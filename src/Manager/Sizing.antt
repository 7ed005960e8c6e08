-- ===== src/Manager/Sizing.antt =====
-- src/manager.rs, `WorkerManagement` and `JobManagement`: the operations that change the number of
-- workers, the idle thresholds, the lookup of ids, and the dropping of queued jobs.
use thread_pool.Prelude.{
  ℕ, zero, suc, ◌+◌, ◌-◌, Bool, true, false, List, [], ◌∷◌, ◌++◌, map, Option, none, some,
  if◌then◌else◌, ◌==◌, ltb, length, get_elem?, take, drop,
}
use thread_pool.Prelude.Vec.{swap_remove}
use thread_pool.Model.{Event}
use thread_pool.Model.Backoff.{minus_one}
use thread_pool.Worker
use thread_pool.Worker.{Worker}
use thread_pool.Manager.{Manager, logs, spin_update, concede_update, reset_lock, add_workers}

abbrev pub workers_count : Manager → ℕ
workers_count m = length m.workers

-- The stores are `life_in_ms as u64`.
unfoldable pub worker_auto_sleep : ℕ → Manager → Manager
worker_auto_sleep life m = record m {
  idle_threshold = record { hibernate = life; retire = m.idle_threshold.retire };
}

unfoldable pub worker_auto_expire : ℕ → Manager → Manager
worker_auto_expire life m = record m {
  idle_threshold = record { hibernate = m.idle_threshold.hibernate; retire = life };
}

unfoldable pub extend_by : ℕ → Manager → Option Manager
extend_by more m = add_workers more true m

abbrev pub ids : List Worker → List ℕ
ids = map λ w. w.id

-- The closure of `drain(start..).map(…)`: the worker is dropped at its end.
unfoldable pub shrink_worker : Worker → List Event
shrink_worker w =
    let (joined, events) = Worker.retire w in Worker.wake_up w ++ events ++ Worker.drop joined

unfoldable pub shrink_workers : List Worker → List Event
unfolding shrink_worker
shrink_workers [] = []
shrink_workers (w ∷ ws) = shrink_worker w ++ shrink_workers ws

-- `len - less` panics below 0: at once in a debug build, and else in `drain`, since it wraps.
unfoldable pub shrink_by : ℕ → Manager → Option (List ℕ × Manager)
shrink_by less m =
    if less == 0
    then some ([], m)
    else if ltb (length m.workers) less
    then none
    else let start = length m.workers - less in
      elim (concede_update m minus_one) [
        | none ↦ none
        | some (mine, locked) ↦
            if mine
            then (let gone = drop start locked.workers in
                some (
                  ids gone,
                  reset_lock (
                      logs (record locked { workers = take start locked.workers })
                        (shrink_workers gone)),
                ))
            else some ([], locked)
      ]

-- The hit of the loop: woken, swapped out under the lock, retired and dropped.
unfoldable pub dismiss_at : ℕ → Worker → Manager → Option (Option ℕ × Manager)
dismiss_at idx w m = elim (spin_update (logs m (Worker.wake_up w)) minus_one) [
  | none ↦ none
  | some locked ↦ elim (swap_remove locked.workers idx) [
    | none ↦ none
    | some (retired, rest) ↦
        let (joined, events) = Worker.retire retired in
        some (
          some retired.id,
          logs (reset_lock (record locked { workers = rest })) (events ++ Worker.drop joined),
        )
  ]
]

-- `for idx in 0..self.workers.len()`, with the rounds that are left.
unfoldable pub dismiss_loop : ℕ → ℕ → ℕ → Manager → Option (Option ℕ × Manager)
dismiss_loop zero idx id m = some (none, m)
dismiss_loop (suc left) idx id m = elim (get_elem? m.workers idx) [
  | none ↦ none
  | some w ↦ elim (w.id == id) [
    | true ↦ dismiss_at idx w m
    | false ↦ dismiss_loop left (idx + 1) id m
  ]
]

unfoldable pub dismiss_worker : ℕ → Manager → Option (Option ℕ × Manager)
unfolding dismiss_loop
dismiss_worker id m = dismiss_loop (length m.workers) 0 id m

abbrev pub first_of : List Worker → ℕ
first_of [] = 0
first_of (w ∷ ws) = w.id

unfoldable pub first_worker_id : Manager → ℕ
first_worker_id m = first_of m.workers

abbrev pub last_of : List Worker → ℕ
last_of [] = 0
last_of (w ∷ []) = w.id
last_of (w ∷ v ∷ ws) = last_of (v ∷ ws)

unfoldable pub last_worker_id : Manager → ℕ
last_worker_id m = last_of m.workers

-- The loop of `next_worker_id`, with its `found`.
unfoldable pub next_loop : Bool → ℕ → List Worker → ℕ
next_loop found curr_id [] = 0
next_loop found curr_id (w ∷ ws) =
    if found then w.id else next_loop (if w.id == curr_id then true else found) curr_id ws

unfoldable pub next_worker_id : ℕ → Manager → ℕ
unfolding next_loop
next_worker_id curr_id m = next_loop false curr_id m.workers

▶ [Prompt]
Which of the lines above carry the string "Option"? Pick them out and copy them.

▶ [Task output]
  ℕ, zero, suc, ◌+◌, ◌-◌, Bool, true, false, List, [], ◌∷◌, ◌++◌, map, Option, none, some,
unfoldable pub extend_by : ℕ → Manager → Option Manager
unfoldable pub shrink_by : ℕ → Manager → Option (List ℕ × Manager)
unfoldable pub dismiss_at : ℕ → Worker → Manager → Option (Option ℕ × Manager)
unfoldable pub dismiss_loop : ℕ → ℕ → ℕ → Manager → Option (Option ℕ × Manager)
unfoldable pub dismiss_worker : ℕ → Manager → Option (Option ℕ × Manager)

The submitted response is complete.